Risk-Adjusted Performance

9 of 100

 
Weak
 
Strong
Good
Compared to the overall equity markets, risk-adjusted returns on investments in Tradeweb Markets are ranked lower than 9 (%) of all global equities and portfolios over the last 90 days. In spite of fairly fragile basic indicators, Tradeweb Markets may actually be approaching a critical reversion point that can send shares even higher in January 2025.
Putnam Master Interm 

Risk-Adjusted Performance

0 of 100

 
Weak
 
Strong
Very Weak
Over the last 90 days Putnam Master Intermediate has generated negative risk-adjusted returns adding no value to investors with long positions. In spite of very healthy forward indicators, Putnam Master is not utilizing all of its potentials. The latest stock price disarray, may contribute to short-term losses for the investors.

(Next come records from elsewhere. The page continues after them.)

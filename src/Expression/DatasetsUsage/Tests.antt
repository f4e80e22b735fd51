-- ===== src/Expression/DatasetsUsage/Tests.antt =====
-- The usages of two datasets. The keys of a map are those of its list, each once.
use vegafusion.Expression.ColumnUsage.{ColumnUsage, known, uses}
use vegafusion.Expression.DatasetsUsage.{
  Usages, DatasetsColumnUsage, KeyOrder, Once, uses_in, apply_aliases, datasets_union,
}
use vegafusion.Expression.DatasetsUsage.Union.{
  Unaliased, uses_in-datasets_union, apply_aliases-overwrites,
}
use vegafusion.Graph.Build.{ScopedVariable}
use vegafusion.Graph.Keys.{Occurs, pair_key, list_key, collect_onto, test_cases}
use vegafusion.Prelude.Assoc.{lookup}
use vegafusion.Prelude.{
  ==_iff, ◌||◌, String, List, [], ◌∷◌, some, ◌≡◌, ◌≢◌, ◌⊎◌, inl, inr, refl, sym, subst, ◌∙◌, arith,
  nat_key,
}
use vegafusion.Scope.Variable.{data_ns, variable_key}

Occurs-cases : (k : ScopedVariable) (ks : List ScopedVariable) → Occurs k ks ⊎ (Occurs k ks → ⊥)
Occurs-cases k [] = inr (λ h. h)
Occurs-cases k (j ∷ ks) = elim (test_cases k j) [
  | inl same ↦ inl (inl same)
  | inr other ↦ elim (Occurs-cases k ks) [
    | inl there ↦ inl (inr there)
    | inr absent ↦ inr (either other absent)
  ]
]
  where
    either : k ≢ j → (Occurs k ks → ⊥) → Occurs k (j ∷ ks) → ⊥
    either h l (inl e) = h e
    either h l (inr e) = l e

add_key :
    (k : ScopedVariable) (ks : List ScopedVariable)
    → Occurs k ks ⊎ (Occurs k ks → ⊥)
    → List ScopedVariable
add_key k ks (inl there) = ks
add_key k ks (inr absent) = k ∷ ks

keys_of : Usages → List ScopedVariable
keys_of [] = []
keys_of ((k, c) ∷ m) = add_key k (keys_of m) (Occurs-cases k (keys_of m))

add_key-Once :
    (k : ScopedVariable) (ks : List ScopedVariable) (o : Occurs k ks ⊎ (Occurs k ks → ⊥))
    → Once ks
    → Once (add_key k ks o)
unfolding add_key
add_key-Once k ks (inl there) once = once
add_key-Once k ks (inr absent) once = (absent, once)

keys_of-Once : (m : Usages) → Once (keys_of m)
unfolding keys_of
keys_of-Once [] = tt
keys_of-Once ((k, c) ∷ m) = add_key-Once k (keys_of m) (Occurs-cases k (keys_of m)) (keys_of-Once m)

add_key_cases :
    (k j : ScopedVariable) (ks : List ScopedVariable) (o : Occurs k ks ⊎ (Occurs k ks → ⊥))
    → Occurs j (add_key k ks o)
    → (j ≡ k) ⊎ Occurs j ks
unfolding add_key
add_key_cases k j ks (inl there) h = inr h
add_key_cases k j ks (inr absent) h = h

add_key_keeps :
    (k j : ScopedVariable) (ks : List ScopedVariable) (o : Occurs k ks ⊎ (Occurs k ks → ⊥))
    → (j ≡ k) ⊎ Occurs j ks
    → Occurs j (add_key k ks o)
unfolding add_key
add_key_keeps k j ks (inl there) (inl same) = subst (λ j. Occurs j ks) (sym same) there
add_key_keeps k j ks (inl there) (inr h) = h
add_key_keeps k j ks (inr absent) h = h

found_head : (k : ScopedVariable) (c : ColumnUsage) (m : Usages) → lookup k ((k, c) ∷ m) ≡ some c
unfolding lookup
found_head k c m = ground (arith, ==_iff k k)

found_behind :
    (k j : ScopedVariable) (c : ColumnUsage) (m : Usages)
    → k ≢ j
    → lookup j ((k, c) ∷ m) ≡ lookup j m
unfolding lookup
found_behind k j c m h = ground (arith, ==_iff k j)

keys_of_found :
    (m : Usages) (k : ScopedVariable)
    → Occurs k (keys_of m)
    → (c : ColumnUsage) × (lookup k m ≡ some c)
unfolding keys_of
keys_of_found [] k h = elim h [ ]
keys_of_found ((j, c) ∷ m) k h = elim (test_cases j k) [
  | inl same ↦ (c, subst (λ k. lookup k ((j, c) ∷ m) ≡ some c) same (found_head j c m))
  | inr other ↦ elim (add_key_cases j k (keys_of m) (Occurs-cases j (keys_of m)) h) [
    | inl same ↦ absurd (other (sym same))
    | inr there ↦ let (d, e) = keys_of_found m k there in (d, found_behind j k c m other ∙ e)
  ]
]

keys_of_all :
    (m : Usages) (k : ScopedVariable) (c : ColumnUsage) → lookup k m ≡ some c → Occurs k (keys_of m)
unfolding keys_of lookup
keys_of_all [] k c h = cc
keys_of_all ((j, d) ∷ m) k c h =
    add_key_keeps j k (keys_of m) (Occurs-cases j (keys_of m)) (elim (test_cases j k) [
      | inl same ↦ inl (sym same)
      | inr other ↦ inr (keys_of_all m k c (sym (found_behind j k d m other) ∙ h))
    ])

abbrev in_list_order : KeyOrder
unfolding keys_of add_key
in_list_order = record {
  keys = keys_of;
  keys_once = keys_of-Once;
  keys_found = keys_of_found;
  keys_all = keys_of_all;
}

abbrev dataset : String → ScopedVariable
dataset name = (record { name = name; ns = data_ns }, [])

abbrev prices : DatasetsColumnUsage
prices = record { usages = (dataset "prices", known ("open" ∷ [])) ∷ []; aliases = [] }

abbrev both : DatasetsColumnUsage
both = record {
  usages = (dataset "prices", known ("close" ∷ [])) ∷ (dataset "facet", known ("date" ∷ [])) ∷ [];
  aliases = [];
}

no_alias : (m : Usages) → Unaliased in_list_order (collect_onto [] []) m
unfolding collect_onto lookup
no_alias m v c h = refl

uses_in-datasets_union_example :
    (u : DatasetsColumnUsage) × (datasets_union in_list_order prices both ≡ some u)
    × ((v : ScopedVariable) (x : String)
        → uses_in v x u.usages ≡ (uses_in v x prices.usages || uses_in v x both.usages))
uses_in-datasets_union_example =
    uses_in-datasets_union in_list_order prices both (no_alias prices.usages) (no_alias both.usages)

apply_aliases-overwrites_example :
    (u : DatasetsColumnUsage) × (apply_aliases in_list_order
        ((dataset "facet", dataset "prices") ∷ [])
        both
      ≡ some u)
    × ((x : String) → uses_in (dataset "prices") x u.usages ≡ uses x (known ("date" ∷ [])))
unfolding lookup
apply_aliases-overwrites_example =
    apply_aliases-overwrites in_list_order (dataset "facet") (dataset "prices")
      (known ("date" ∷ [])) both refl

Tradeweb Markets and Putnam Master Volatility Contrast

   Predicted Return Density   
       Returns  

Pair Trading with Tradeweb Markets and Putnam Master

The main advantage of trading using opposite Tradeweb Markets and Putnam Master positions is that it hedges away some unsystematic risk. Because of two separate transactions, even if Tradeweb Markets position performs unexpectedly, Putnam Master can make up some of the losses. Pair trading also minimizes risk from directional movements in the market. For example, if an entire industry or sector drops because of unexpected headlines, the short position in Putnam Master will offset losses from the drop in Putnam Master's long position.
The idea behind Tradeweb Markets and Putnam Master Intermediate pairs trading is to make the combined position market-neutral, meaning the overall market's direction will not affect its win or loss (or potential downside or upside). This can be achieved by designing a pairs trade with two highly correlated stocks or equities that operate in a similar space or sector, making it possible to obtain profits through simple and relatively low-risk investment.
Check out your portfolio center.
Note that this page's information should be used as a complementary analysis to find the right mix of equity instruments to add to your existing portfolios or create a brand new portfolio. You can also try the AI Portfolio Architect module to use AI to generate optimal portfolios and find profitable investment opportunities.